`fave-extract` Outputs

The subcommands of fave-extract generate multiple output files by default (this can be customized). Each one will be named after the original file with a suffix. Below, each type of output file is described, followed by descriptions of the data columns in the csv files (in alphabetical order).

File Types

`*_points.csv`

Points files contain 1 row per vowel analyzed, with a single point measurement taken according to the measurement point heuristic used.

`*_tracks.csv`

Tracks files contain 1 row per measurement point per vowel analyzed. By default, there will be one measurement point every 2ms, so a 100ms vowel will have 50 rows in the data. `*_tracks.csv* files can get very large!

For analyzing the tracks data, the combination of the file_name column and the id will uniquely identify each individual token.

`_param.csv` and `_logparam.csv`

These files contain the Discrete Cosine Transform coefficients for each analyzed vowel. *_param.csv contains the coefficients when the DCT is applied to the formants in Hz, and *_logparam.csv contains the coefficients when the DCT is applied to the log-transformed formants.
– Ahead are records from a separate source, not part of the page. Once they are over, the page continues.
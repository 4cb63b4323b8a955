-- ===== src/Domain/Kept.antt =====
-- What no step of the engine changes: nobody is lost, and the tick is counted once.
use mas_dsmb.Prelude.{
  ◌≡◌, ◌&&◌, ◌||◌, ◌∷◌, ◌∙◌, ◌==◌, if-both, ℕ, String, refl, ap, Bool, true, false, not, Option,
  none, some, List, [], arith, Dict, insert, erase, nat_Eq, text_Eq,
}
use mas_dsmb.Domain.Scalar.{Scalar}
use mas_dsmb.Domain.World.{
  InputState, DestructibleBlock, ExclusivePowerUp, Event, get_player, Player, WorldState,
  InputState,
}
use mas_dsmb.Domain.Objects.{
  all_hit_blocks, handle_block_collisions, award, meet_powerups, handle_powerup_collisions,
  hit_blocks, winner, star_effect, colliding, meet_powerup,
}
use mas_dsmb.Domain.Players.{
  GameEngine, over_values, over_players, apply_inputs, apply_input_of, write_input, apply_input,
}
use text.Mathlib.TextEquality.{eq_iff}

abbrev pub has_key : {V : Type 0} → String → Dict String V → Bool
has_key id [] = false
has_key id ((key, v) ∷ rest) = key == id || has_key id rest

pub has_key-over_values :
    {V : Type 0} (id : String) (f : V → V) (d : Dict String V)
    → has_key id (over_values f d) ≡ has_key id d
unfolding over_values
has_key-over_values id f [] = refl
has_key-over_values id f ((key, v) ∷ rest) =
    ap (λ b. key == id || b) (has_key-over_values id f rest)

pub has_key-insert :
    {V : Type 0} (id key : String) (v : V) (d : Dict String V)
    → has_key id (insert key v d) ≡ (key == id || has_key id d)
has_key-insert id key v [] = refl
has_key-insert id key v ((other, w) ∷ rest) =
    ground (arith, eq_iff other key, eq_iff key id, eq_iff other id, has_key-insert id key v rest)

pub has_key-erase :
    {V : Type 0} (id key : String) (d : Dict String V)
    → has_key id (erase key d) ≡ (not (key == id) && has_key id d)
has_key-erase id key [] = ground arith
has_key-erase id key ((other, w) ∷ rest) =
    ground (arith, eq_iff other key, eq_iff key id, eq_iff other id, has_key-erase id key rest)

module _ (scalar : Scalar) where
  -- The player is in the world or waits to respawn.
  abbrev pub is_known : String → WorldState scalar → Bool
  is_known id w = has_key id w.characters || has_key id w.respawn_timers

  -- The step does not count a tick, and loses no player.
  pub record Keeps (before after : WorldState scalar) : Type 0 where
    pub number : after.sequence_number ≡ before.sequence_number
    pub known : (id : String) → is_known id before ≡ true → is_known id after ≡ true

  pub Keeps-refl : (w : WorldState scalar) → Keeps w w
  Keeps-refl w = record { number = refl; known = λ id h. h }

  pub Keeps-trans : {a b c : WorldState scalar} → Keeps a b → Keeps b c → Keeps a c
  Keeps-trans first second = record {
    number = second.number ∙ first.number;
    known = λ id h. second.known id (first.known id h);
  }

  pub over_players-Keeps :
      (f : Player scalar → Player scalar) (g : GameEngine scalar)
      → Keeps g.world_state (over_players scalar f g).world_state
  unfolding over_players
  over_players-Keeps f g = record {
    number = refl;
    known = λ id h.
        ap (λ b. b || has_key id g.world_state.respawn_timers)
          (has_key-over_values id f g.world_state.characters)
        ∙ h;
  }

  insert-known :
      {V : Type 0} (id key : String) (v : V) (d : Dict String V) (waits : Bool)
      → (has_key id d || waits) ≡ true
      → (has_key id (insert key v d) || waits) ≡ true
  insert-known id key v d waits h = ground (arith, has_key-insert id key v d)

  -- A player written under a key: nobody is lost.
  pub insert-Keeps :
      (key : String) (p : Player scalar) (w : WorldState scalar)
      → Keeps w (record w { characters = insert key p w.characters })
  insert-Keeps key p w = record {
    number = refl;
    known = λ id h. insert-known id key p w.characters (has_key id w.respawn_timers) h;
  }

  write_input-Keeps :
      (found : Option (Player scalar)) (id : String) (input : InputState) (w : WorldState scalar)
      → Keeps w (write_input scalar found id input w)
  unfolding write_input
  write_input-Keeps none id input w = Keeps-refl w
  write_input-Keeps (some p) id input w = insert-Keeps id (apply_input scalar input p) w

  pub apply_inputs-Keeps :
      (inputs : List (String × InputState)) (w : WorldState scalar)
      → Keeps w (apply_inputs scalar inputs w)
  unfolding apply_inputs apply_input_of
  apply_inputs-Keeps [] w = Keeps-refl w
  apply_inputs-Keeps ((id, input) ∷ rest) w =
      Keeps-trans (write_input-Keeps (get_player scalar id w) id input w)
        (apply_inputs-Keeps rest (apply_input_of scalar id input w))

  all_hit_blocks-has_key :
      (id : String) (players : Dict String (Player scalar))
      (blocks : List (DestructibleBlock scalar))
      → has_key id (all_hit_blocks scalar players blocks).0 ≡ has_key id players
  unfolding all_hit_blocks
  all_hit_blocks-has_key id [] blocks = refl
  all_hit_blocks-has_key id ((key, p) ∷ rest) blocks =
      ap (λ b. key == id || b) (all_hit_blocks-has_key id rest (hit_blocks scalar blocks p).1)

  pub handle_block_collisions-Keeps :
      (g : GameEngine scalar) → Keeps g.world_state (handle_block_collisions scalar g).world_state
  unfolding handle_block_collisions
  handle_block_collisions-Keeps g =
      let w = g.world_state in
      record {
        number = refl;
        known = λ id h.
            ap (λ b. b || has_key id w.respawn_timers)
              (all_hit_blocks-has_key id w.characters w.environment.destructible_blocks)
            ∙ h;
      }

  award-known :
      (id : String) (now : ℕ) (u : ExclusivePowerUp scalar)
      (touching : List (String × Player scalar)) (players : Dict String (Player scalar))
      (waits : Bool)
      → (has_key id players || waits) ≡ true
      → (has_key id (award scalar now u touching players).1 || waits) ≡ true
  unfolding award
  award-known id now u [] players waits h = h
  award-known id now u (first ∷ others) players waits h =
      let won = winner scalar first others in
      insert-known id won.0 (star_effect scalar now u won.1) players waits h

  meet_powerups-known :
      (id : String) (now : ℕ) (us : Dict String (ExclusivePowerUp scalar))
      (players : Dict String (Player scalar)) (waits : Bool)
      → (has_key id players || waits) ≡ true
      → (has_key id (meet_powerups scalar now us players).1 || waits) ≡ true
  unfolding meet_powerups meet_powerup
  meet_powerups-known id now [] players waits h = h
  meet_powerups-known id now ((key, u) ∷ rest) players waits h =
      meet_powerups-known id now rest (meet_powerup scalar now u players).1 waits (
        if-both {A = ExclusivePowerUp scalar × Dict String (Player scalar) × List (Event scalar)}
          (λ r. (has_key id r.1 || waits) ≡ true) u.collected h
          (award-known id now u (colliding scalar u.box players) players waits h))

  pub handle_powerup_collisions-Keeps :
      (now : ℕ) (g : GameEngine scalar)
      → Keeps g.world_state (handle_powerup_collisions scalar now g).world_state
  unfolding handle_powerup_collisions
  handle_powerup_collisions-Keeps now g =
      let w = g.world_state in
      if-both {A = GameEngine scalar} (λ g'. Keeps w g'.world_state) g.is_authoritative
        (record {
          number = refl;
          known = λ id h.
              meet_powerups-known id now w.environment.power_ups w.characters
                (has_key id w.respawn_timers) h;
        })
        (Keeps-refl w)
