-- ===== src/Domain/Survival.antt =====
-- A whole tick counts once and loses no player.
use mas_dsmb.Prelude.{
  ◌≡◌, ◌+◌, ◌&&◌, ◌||◌, ◌∷◌, if◌then◌else◌, if-both, ℕ, String, refl, true, List, [], arith, leb,
  Dict, insert, erase, nat_Eq, text_Eq,
}
use mas_dsmb.Domain.Scalar.{Scalar}
use mas_dsmb.Domain.World.{Player, Enemy, remove_player, add_player}
use mas_dsmb.Domain.Players.{
  GameEngine, emit, spawn_player, spawn_position_for, clamp_character_to_world, new_player,
}
use mas_dsmb.Domain.Enemies.{
  queue_player_death, defeat, meet_enemy, meet_enemies, handle_enemy_collisions, fall,
  handle_void_deaths, respawn, respawn_due, process_respawns, has_active_effect, is_stomp,
  respawn_delay_ms, respawn_index, bounce,
}
use mas_dsmb.Domain.Kept.{
  Keeps, Keeps-refl, Keeps-trans, has_key, has_key-insert, has_key-erase, insert-Keeps,
}
use mas_dsmb.Domain.Collisions.{check_collision, bottom_edge}

module _ (scalar : Scalar) where
  -- From the characters to the timers.
  moved :
      (id pid : String) (due : ℕ) (players : Dict String (Player scalar)) (timers : Dict String ℕ)
      → (has_key id players || has_key id timers) ≡ true
      → (has_key id (erase pid players) || has_key id (insert pid due timers)) ≡ true
  moved id pid due players timers h =
      ground (arith, has_key-erase id pid players, has_key-insert id pid due timers)

  -- From the timers to the characters.
  returned :
      (id pid : String) (p : Player scalar) (players : Dict String (Player scalar))
      (timers : Dict String ℕ)
      → (has_key id players || has_key id timers) ≡ true
      → (has_key id (insert pid p players) || has_key id (erase pid timers)) ≡ true
  returned id pid p players timers h =
      ground (arith, has_key-erase id pid timers, has_key-insert id pid p players)

  queue_player_death-Keeps :
      (now : ℕ) (cause : String) (p : Player scalar) (g : GameEngine scalar)
      → Keeps scalar g.world_state (queue_player_death scalar now cause p g).world_state
  unfolding queue_player_death emit remove_player
  queue_player_death-Keeps now cause p g = record {
    number = refl;
    known = λ id h.
        moved id p.player_id (now + respawn_delay_ms) g.world_state.characters
          g.world_state.respawn_timers h;
  }

  defeat-Keeps :
      (now : ℕ) (e : Enemy scalar) (key : String) (p : Player scalar) (g : GameEngine scalar)
      → Keeps scalar g.world_state (defeat scalar now e key p g).world_state
  unfolding defeat
  defeat-Keeps now e key p g =
      let bounced = insert-Keeps scalar key (bounce scalar now p) g.world_state in
      record { number = refl; known = bounced.known }

  meet_enemy-Keeps :
      (now : ℕ) (e : Enemy scalar) (players : List (String × Player scalar)) (g : GameEngine scalar)
      → Keeps scalar g.world_state (meet_enemy scalar now e players g).world_state
  unfolding meet_enemy
  meet_enemy-Keeps now e [] g = Keeps-refl scalar g.world_state
  meet_enemy-Keeps now e ((key, p) ∷ rest) g =
      let met = check_collision scalar p.box e.box in
      let killed = queue_player_death scalar now e.enemy_id p g in
      let next = if met then killed else g in
      if-both {A = GameEngine scalar} (λ g'. Keeps scalar g.world_state g'.world_state)
        (met && (has_active_effect scalar now p || is_stomp scalar p e))
        (defeat-Keeps now e key p g)
        (Keeps-trans scalar
          (if-both {A = GameEngine scalar} (λ g'. Keeps scalar g.world_state g'.world_state) met
            (queue_player_death-Keeps now e.enemy_id p g) (Keeps-refl scalar g.world_state))
          (meet_enemy-Keeps now e rest next))

  meet_enemies-Keeps :
      (now : ℕ) (es : List (String × Enemy scalar)) (g : GameEngine scalar)
      → Keeps scalar g.world_state (meet_enemies scalar now es g).world_state
  unfolding meet_enemies
  meet_enemies-Keeps now [] g = Keeps-refl scalar g.world_state
  meet_enemies-Keeps now ((key, e) ∷ rest) g =
      Keeps-trans scalar (meet_enemy-Keeps now e g.world_state.characters g)
        (meet_enemies-Keeps now rest (meet_enemy scalar now e g.world_state.characters g))

  fall-Keeps :
      (now : ℕ) (players : List (String × Player scalar)) (g : GameEngine scalar)
      → Keeps scalar g.world_state (fall scalar now players g).world_state
  unfolding fall
  fall-Keeps now [] g = Keeps-refl scalar g.world_state
  fall-Keeps now ((key, p) ∷ rest) g =
      let above = scalar.le (bottom_edge scalar p.box) g.world_height in
      Keeps-trans scalar
        (if-both {A = GameEngine scalar} (λ g'. Keeps scalar g.world_state g'.world_state) above
          (Keeps-refl scalar g.world_state) (queue_player_death-Keeps now "void" p g))
        (fall-Keeps now rest (if above then g else queue_player_death scalar now "void" p g))

  respawn-Keeps :
      (pid : String) (g : GameEngine scalar)
      → Keeps scalar g.world_state (respawn scalar pid g).world_state
  unfolding respawn spawn_player add_player clamp_character_to_world new_player
  respawn-Keeps pid g =
      let w = g.world_state in
      let index = respawn_index scalar pid g in
      let point = spawn_position_for scalar index g in
      let popped = record g { respawn_join_index = erase pid g.respawn_join_index } in
      let back =
        clamp_character_to_world scalar true popped (new_player scalar pid point.0 point.1 index) in
      record { number = refl; known = λ id h. returned id pid back w.characters w.respawn_timers h }

  respawn_due-Keeps :
      (now : ℕ) (timers : List (String × ℕ)) (g : GameEngine scalar)
      → Keeps scalar g.world_state (respawn_due scalar now timers g).world_state
  unfolding respawn_due
  respawn_due-Keeps now [] g = Keeps-refl scalar g.world_state
  respawn_due-Keeps now ((pid, due) ∷ rest) g =
      Keeps-trans scalar
        (if-both {A = GameEngine scalar} (λ g'. Keeps scalar g.world_state g'.world_state)
          (leb due now) (respawn-Keeps pid g) (Keeps-refl scalar g.world_state))
        (respawn_due-Keeps now rest (if leb due now then respawn scalar pid g else g))

  pub handle_enemy_collisions-Keeps :
      (now : ℕ) (g : GameEngine scalar)
      → Keeps scalar g.world_state (handle_enemy_collisions scalar now g).world_state
  unfolding handle_enemy_collisions
  handle_enemy_collisions-Keeps now g =
      if-both {A = GameEngine scalar} (λ g'. Keeps scalar g.world_state g'.world_state)
        g.is_authoritative (meet_enemies-Keeps now g.world_state.environment.enemies g)
        (Keeps-refl scalar g.world_state)

  pub handle_void_deaths-Keeps :
      (now : ℕ) (g : GameEngine scalar)
      → Keeps scalar g.world_state (handle_void_deaths scalar now g).world_state
  unfolding handle_void_deaths
  handle_void_deaths-Keeps now g =
      if-both {A = GameEngine scalar} (λ g'. Keeps scalar g.world_state g'.world_state)
        g.is_authoritative (fall-Keeps now g.world_state.characters g)
        (Keeps-refl scalar g.world_state)

  pub process_respawns-Keeps :
      (now : ℕ) (g : GameEngine scalar)
      → Keeps scalar g.world_state (process_respawns scalar now g).world_state
  unfolding process_respawns
  process_respawns-Keeps now g =
      if-both {A = GameEngine scalar} (λ g'. Keeps scalar g.world_state g'.world_state)
        g.is_authoritative (respawn_due-Keeps now g.world_state.respawn_timers g)
        (Keeps-refl scalar g.world_state)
The DCT coefficients can be directly normalized (R package). This can be useful for

`*_recoded.TextGrid`

The *_recoded.TextGrid will be a copy of the original textgrid passed to new-fave to which the recode rules have been applied.

Data Columns

The data columns are described in this searchable table, and in text below.

Alphabetic List

abs_fol_seg

Stands for ‘absolute following segment’. The segment following the measured vowel, regardless of word boundary.

abs_pre_seg

Stands for ‘absolute preceding segment’. The segment preceding the measured vowel, regardless of word boundary.

B1, B2, B3

The bandwidths of F1, F2, and F3.

context

The broad location of the measured vowel within the word.

dur

The duration of the measured vowel.

F1, F3, F3

In points and tracks files, the estimated formant values. In param and logparam files, DCT coefficients for each formant.

F1_s, F2_s, F3_s

These only appear in tracks files. The DCT smoothed formant tracks

file_name

The file stem of the analyzed file

fol_seg

The segment following the measured vowel. If the vowel is at the end of the word, this is ‘#’

fol_word

The word following the word that the measured vowel appears in.

group

The name of the word+phone tier group in the original textgrid. If tiers were just named ‘word’ and ‘phone’, this will be ‘group_0’. Otherwise, this will probably be the speaker’s name.

id

A unique id for the measured vowel that is shared across all file outputs. The numbers correspond to [the index of the tier group]-[the index of the word tier]-[the index of the word within the tier]-[the index of the vowel within the word].

label

The label of the measured vowel.

max_formant

The maximum formant setting used for this vowel

optimized

The number of optimization iterations that ran.

param

This only appears in param and logparam files. It identifies which DCT coefficient this row corresponds to.

point_heuristic

This only appears in points files. Identifies the measurement point heuristic used.

pre_seg

The segment preceding the measured vowel. If the vowel is at the beginning edge of the word, this is ‘#’.

pre_word

The word preceding the word that the measured vowel appears in.

prop_time

Time measured proportionally to the duration of the vowel. The very beginning of the vowel is time 0, and the very end is time 1.

rel_time

Time relative to the start of the vowel, in seconds. The very beginning of the vowel is time 0.

smooth_error

Ameasure of of the mismatch between the formant track smooths and the raw formant track estimates. A larger value corresponds to a larger mismatch.

speaker_num

The speaker index in the textgrid (beginning at 1)

stress

If present, the stress of the measured vowel

time

The time within the full recording, in seconds. The beginning of the recording is 0

word

The word that the measured vowel appeared in.